Comment 2 Patrick Lauer gentoo-dev 2018-04-28 10:31:07 UTC
Yes, we'll try to bisect it
Comment 3 Patrick Lauer gentoo-dev 2018-05-21 14:12:10 UTC
Success:

# git bisect good
4d2c0cda07448ea6980f00102dc3964eb25e241c is the first bad commit
commit 4d2c0cda07448ea6980f00102dc3964eb25e241c
Author: Mahesh Bandewar <maheshb@google.com>
Date:   Wed Sep 27 18:03:49 2017 -0700

    bonding: speed/duplex update at NETDEV_UP event

    Some NIC drivers don't have correct speed/duplex settings at the
    time they send NETDEV_UP notification and that messes up the
    bonding state. Especially 802.3ad mode which is very sensitive
    to these settings. In the current implementation we invoke
    bond_update_speed_duplex() when we receive NETDEV_UP, however,
    ignore the return value. If the values we get are invalid
    (UNKNOWN), then slave gets removed from the aggregator with
    speed and duplex set to UNKNOWN while link is still marked as UP.

    This patch fixes this scenario.

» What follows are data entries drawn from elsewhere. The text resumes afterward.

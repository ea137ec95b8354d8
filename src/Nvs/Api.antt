-- ===== src/Nvs/Api.antt =====
-- The functions of ESP-IDF's nvs.h that nvs_lib.c calls, over an unknown flash, with what their
-- documentation says of them. The count of open handles is this model's own book-keeping.
use wifi_sniffer.Prelude.{
  ℕ, suc, ◌-◌, ◌≡◌, refl, ◌⊎◌, inl, inr, String, Bool, true, false, ◌&&◌, Option, none, some,
  if◌then◌else◌,
}
use wifi_sniffer.Prelude.Int.{ℤ}
use wifi_sniffer.Prelude.Bytes.{Bytes}
use wifi_sniffer.Prelude.Results.{Err, is_ok, done, Exec}
use text.Mathlib.Text.{◌==◌}

-- `nvs_type_t`
pub data NvsType : Type 0 where
  i8 u8 i16 u16 i32 u32 i64 u64 str blob : NvsType

pub data OpenMode : Type 0 where
  read_only read_write : OpenMode

-- What a key holds.
pub data Value : Type 0 where
  number : NvsType → ℤ → Value
  chars : Bytes → Value
  octets : Bytes → Value

-- A value that comes back through a pointer, which is written only on ESP_OK.
pub data Got (A : Type 0) : Type 0 where
  got : A → Got A
  failed : Err → Got A

pub record NvsApi : Type 1 where
  pub Handle : Type 0
  pub Flash : Type 0
  pub open_namespace : String → OpenMode → Flash → Got (Handle × Flash)
  pub set_value : Handle → String → Value → Flash → Err × Flash
  pub get_num : Handle → String → NvsType → Flash → Got ℤ
  pub get_text : Handle → String → Flash → Got Bytes
  pub get_array : Handle → String → Flash → Got Bytes
  pub erase_key : Handle → String → Flash → Err × Flash
  pub commit : Handle → Flash → Err × Flash
  pub flash_init : Flash → Err × Flash
  pub flash_erase : Flash → Err × Flash

-- The flash and the number of handles that are open.
pub record Store (N : NvsApi) : Type 0 where
  pub flash : N.Flash
  pub open_handles : ℕ

module _ (N : NvsApi) where
  -- nvs_open
  unfoldable pub nvs_open : String → OpenMode → Exec (Store N) (Got N.Handle)
  nvs_open ns mode s = elim (N.open_namespace ns mode s.flash) [
    | failed e ↦ done (failed e) s
    | got (h, f) ↦ done (got h) (record { flash = f; open_handles = suc s.open_handles })
  ]

  -- nvs_close
  unfoldable pub nvs_close : N.Handle → Exec (Store N) (Unit {0})
  nvs_close h s = done tt (record { flash = s.flash; open_handles = s.open_handles - 1 })

  -- nvs_set_i8 to nvs_set_u64, nvs_set_str, nvs_set_blob
  unfoldable pub nvs_set : N.Handle → String → Value → Exec (Store N) Err
  nvs_set h key v s =
      let (e, f) = N.set_value h key v s.flash in
      done e (record { flash = f; open_handles = s.open_handles })

  unfoldable pub nvs_commit : N.Handle → Exec (Store N) Err
  nvs_commit h s =
      let (e, f) = N.commit h s.flash in
      done e (record { flash = f; open_handles = s.open_handles })

  unfoldable pub nvs_erase_key : N.Handle → String → Exec (Store N) Err
  nvs_erase_key h key s =
      let (e, f) = N.erase_key h key s.flash in
      done e (record { flash = f; open_handles = s.open_handles })

abbrev pub NumAnswer : Option Value → NvsType → Got ℤ → Type 0
NumAnswer none t g = g ≡ failed Err.nvs_not_found
NumAnswer (some (number t' z)) t g = t ≡ t' → g ≡ got z
NumAnswer (some _) t g = Unit

abbrev pub TextAnswer : Option Value → Got Bytes → Type 0
TextAnswer none g = g ≡ failed Err.nvs_not_found
TextAnswer (some (chars b)) g = g ≡ got b
TextAnswer (some _) g = Unit

abbrev pub ArrayAnswer : Option Value → Got Bytes → Type 0
ArrayAnswer none g = g ≡ failed Err.nvs_not_found
ArrayAnswer (some (octets b)) g = g ≡ got b
ArrayAnswer (some _) g = Unit

-- What ESP-IDF documents: a flash holds values under a namespace and a key.
pub record IsNvs (N : NvsApi) : Type 0 where
  pub namespace_of : N.Handle → String
  pub has_namespace : N.Flash → String → Bool
  pub lookup : N.Flash → String → String → Option Value
  -- A handle is for the namespace that was opened; opening loses nothing, and to open for writing
  -- creates the namespace.
  pub open_namespace_of :
      (ns : String) (m : OpenMode) (f : N.Flash) (h : N.Handle) (f' : N.Flash)
      → N.open_namespace ns m f ≡ got (h, f')
      → namespace_of h ≡ ns
  pub open_lookup :
      (ns : String) (m : OpenMode) (f : N.Flash) (h : N.Handle) (f' : N.Flash) (n k : String)
      → N.open_namespace ns m f ≡ got (h, f')
      → lookup f' n k ≡ lookup f n k
  pub open_creates :
      (ns : String) (f : N.Flash) (h : N.Handle) (f' : N.Flash)
      → N.open_namespace ns read_write f ≡ got (h, f')
      → has_namespace f' ns ≡ true
  -- A namespace that exists can be opened; one that does not is not found.
  pub open_existing :
      (ns : String) (m : OpenMode) (f : N.Flash)
      → has_namespace f ns ≡ true
      → (h : N.Handle) × (f' : N.Flash) × (N.open_namespace ns m f ≡ got (h, f'))
  pub open_namespaces :
      (ns : String) (m : OpenMode) (f : N.Flash) (h : N.Handle) (f' : N.Flash) (n : String)
      → N.open_namespace ns m f ≡ got (h, f')
      → has_namespace f n ≡ true
      → has_namespace f' n ≡ true
  pub open_missing :
      (ns : String) (f : N.Flash)
      → has_namespace f ns ≡ false
      → N.open_namespace ns read_only f ≡ failed Err.nvs_not_found
  pub open_failed :
      (ns : String) (m : OpenMode) (f : N.Flash) (e : Err)
      → N.open_namespace ns m f ≡ failed e
      → is_ok e ≡ false
  -- A write that succeeds sets its key and no other. One that fails sets nothing.
  pub set_lookup :
      (h : N.Handle) (k : String) (v : Value) (f : N.Flash) (n j : String)
      → is_ok (N.set_value h k v f).0 ≡ true
      → lookup (N.set_value h k v f).1 n j
        ≡ (if (n == namespace_of h) && (j == k) then some v else lookup f n j)
  pub set_failed :
      (h : N.Handle) (k : String) (v : Value) (f : N.Flash) (n j : String)
      → is_ok (N.set_value h k v f).0 ≡ false
      → lookup (N.set_value h k v f).1 n j ≡ lookup f n j
  pub set_namespace :
      (h : N.Handle) (k : String) (v : Value) (f : N.Flash) (n : String)
      → has_namespace (N.set_value h k v f).1 n ≡ has_namespace f n
  pub commit_lookup :
      (h : N.Handle) (f : N.Flash) (n k : String) → lookup (N.commit h f).1 n k ≡ lookup f n k
  pub commit_namespace :
      (h : N.Handle) (f : N.Flash) (n : String)
      → has_namespace (N.commit h f).1 n ≡ has_namespace f n
  -- The readers answer from what the key holds.
  pub get_num_answer :
      (h : N.Handle) (k : String) (t : NvsType) (f : N.Flash)
      → NumAnswer (lookup f (namespace_of h) k) t (N.get_num h k t f)
  pub get_text_answer :
      (h : N.Handle) (k : String) (f : N.Flash)
      → TextAnswer (lookup f (namespace_of h) k) (N.get_text h k f)
  pub get_array_answer :
      (h : N.Handle) (k : String) (f : N.Flash)
      → ArrayAnswer (lookup f (namespace_of h) k) (N.get_array h k f)

pub Got-cases : {A : Type 0} (g : Got A) → ((a : A) × (g ≡ got a)) ⊎ ((e : Err) × (g ≡ failed e))
Got-cases (got a) = inl (a, refl)
Got-cases (failed e) = inr (e, refl)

Also 802.3ad mode is sensitive to
    these conditions while other modes are not, so making sure that it
    doesn't change the behavior for other modes.

    Signed-off-by: Mahesh Bandewar <maheshb@google.com>
    Signed-off-by: David S. Miller <davem@davemloft.net>

:040000 040000 d8c0cdd0d36e0360d0dea20417fdd690fd9db57e 0c78a15116c4f157e7eaa418888e3e7c54146a76 M      drivers
Comment 4 Patrick Lauer gentoo-dev 2018-05-21 14:44:34 UTC
A config fix works:  modprobe bonding miimon=100
Default is 0, any non-zero value should work.
Comment 5 Mike Pagano gentoo-dev 2018-07-21 14:12:08 UTC
Solving as fixed with the identified workaround.